# Muzzleloader tag along?



## Isuckathunting (Sep 15, 2019)

I'm in my second year hunting and really interested in muzzleloaders but I've never picked one up. I've read through lots of threads on here about new types, loads, ammunition, all sorts but having never used or seen them in use, I'm not feeling confident enough to purchase or try hunting with one.
I would love to go shoot some and mostly just watch and learn more about them from someone who knows. If anyone in or near cache valley is going to shoot or get ready for the season, and wouldn't mind an extra, I would love to join. If you let me shoot a little, I'll buy your powder and lead, you just have to tell me what to buy because I have no idea. I just want to learn more. Thanks!


----------



## MooseMeat (Dec 27, 2017)

This.

This is how you go about LEARNING. Good job for making a legitimate effort.

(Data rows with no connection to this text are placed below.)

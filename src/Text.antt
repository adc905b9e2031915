-- ===== src/Text.antt =====
-- The functions of Go's `strings` and `strconv` packages that the service calls, over byte strings.
-- `TrimSpace`, `ToLower` and `EqualFold` are given for ASCII white space and letters.
pub mod Affix
pub mod Index
pub mod Decimal
pub mod Int
pub mod Query
pub mod Replace
use mathlib.Core.List.{map, reverse}
use abc_auth_svc.Base.{
  ℕ, zero, suc, ◌+◌, ◌-◌, ◌≡◌, refl, Bool, true, false, ◌&&◌, ◌||◌, List, [], ◌∷◌, ◌++◌, Option,
  none, some, leb, nat_eq, ◌>>=◌, if◌then◌else◌, length, take, drop, Bytes, codes, ◌==◌,
}

unfoldable pub is_space : ℕ → Bool
is_space c = leb 9 c && leb c 13 || nat_eq c 32

unfoldable pub skip_space : Bytes → Bytes
skip_space [] = []
skip_space (c ∷ s) = if is_space c then skip_space s else c ∷ s

-- strings.TrimSpace
unfoldable pub trim_space : Bytes → Bytes
unfolding skip_space is_space
trim_space s = reverse (skip_space (reverse (skip_space s)))

unfoldable pub lower : ℕ → ℕ
lower c = if leb b'A' c && leb c b'Z' then c + 32 else c

-- strings.ToLower
unfoldable pub to_lower : Bytes → Bytes
unfolding lower
to_lower = map lower

-- strings.EqualFold
unfoldable pub equal_fold : Bytes → Bytes → Bool
unfolding to_lower ◌==◌
equal_fold a b = to_lower a == to_lower b

-- strings.HasPrefix
unfoldable pub has_prefix : Bytes → Bytes → Bool
has_prefix s [] = true
has_prefix [] (p ∷ ps) = false
has_prefix (c ∷ s) (p ∷ ps) = nat_eq c p && has_prefix s ps

-- strings.TrimPrefix
unfoldable pub trim_prefix : Bytes → Bytes → Bytes
unfolding has_prefix
trim_prefix s p = if has_prefix s p then drop (length p) s else s

-- strings.HasSuffix
unfoldable pub has_suffix : Bytes → Bytes → Bool
unfolding ◌==◌
has_suffix s p = leb (length p) (length s) && drop (length s - length p) s == p

-- s[:len(s)-len(p)]
unfoldable pub cut_end : Bytes → Bytes → Bytes
cut_end s p = take (length s - length p) s

-- strings.TrimSuffix
unfoldable pub trim_suffix : Bytes → Bytes → Bytes
unfolding has_suffix cut_end
trim_suffix s p = if has_suffix s p then cut_end s p else s

-- strings.LastIndexByte; `none` is -1
unfoldable pub last_index_byte : Bytes → ℕ → Option ℕ
last_index_byte [] c = none
last_index_byte (x ∷ s) c = elim (last_index_byte s c) [
  | some i ↦ some (suc i)
  | none ↦ if nat_eq x c then some 0 else none
]

-- strings.IndexByte
unfoldable pub index_byte : Bytes → ℕ → Option ℕ
index_byte [] c = none
index_byte (x ∷ s) c = if nat_eq x c then some 0 else (do i ← index_byte s c; some (suc i))

-- strings.Contains
unfoldable pub contains : Bytes → Bytes → Bool
unfolding has_prefix
contains [] p = has_prefix [] p
contains (c ∷ s) p = has_prefix (c ∷ s) p || contains s p

split_from : ℕ → Bytes → Bytes → List Bytes
split_from sep cur [] = cur ∷ []
split_from sep cur (c ∷ s) = elim (nat_eq c sep) [
  | true ↦ cur ∷ split_from sep [] s
  | false ↦ split_from sep (cur ++ c ∷ []) s
]

-- strings.Split at a one-byte separator
unfoldable pub split : Bytes → ℕ → List Bytes
unfolding split_from
split s sep = split_from sep [] s

-- strings.Join
unfoldable pub join : List Bytes → Bytes → Bytes
join [] sep = []
join (p ∷ []) sep = p
join (p ∷ q ∷ ps) sep = p ++ sep ++ join (q ∷ ps) sep

trim_space_runs : trim_space (codes " \t ab c\n") ≡ codes "ab c"
unfolding trim_space codes
trim_space_runs = refl

split_runs : split (codes "a,,bc") b',' ≡ codes "a" ∷ [] ∷ codes "bc" ∷ []
unfolding split codes
split_runs = refl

Muzzleloaders look scary from the outside, but they really aren’t that difficult to learn or hard to figure out. It’s a lot harder to blow yourself up than you think if you have a little common sense. I’m a long way from cache valley, but if you ever making it down to utah county in the next month or so, hit me up, I’ll be happy to show you how to get started. I’ve even got an easy muzzy for you to learn on and plenty of powder and Bullets for you to shoot.


----------



## Rmanwill (Mar 5, 2021)

👍


----------



## Bhilly81 (Oct 18, 2009)

I will be more than happy to take you out and "play" with my muzzle loaders. They are tons of fun and super easy to use. I was the same way when I first got into them and I had a buddy help me out and get me setup with them. I am located in Utah County but I typically do ,y shooting up in the Heber valley at the shooting range as I also work up there on occasion as well.


----------



## CROC (Sep 12, 2007)

When the draw comes out, I hope to have drawn Cache again. I will be shooting starting sometime in July in Perry. You are welcome to come tag along for any or all of it.


----------



## Isuckathunting (Sep 15, 2019)

Thanks everyone, I appreciate the replies on this. I ended up going out last year with someone who kind of showed me the ropes of muzzleloaders. It is a blast, I loved it and it's probably my favorite hunt season I've experienced so far. I probably don't need to go shoot with anyone else at this point as I'm comfortable enough on my own. 

However, if any other beginners are feeling like they need some help getting started, I'm happy to pay it forward for someone else.


----------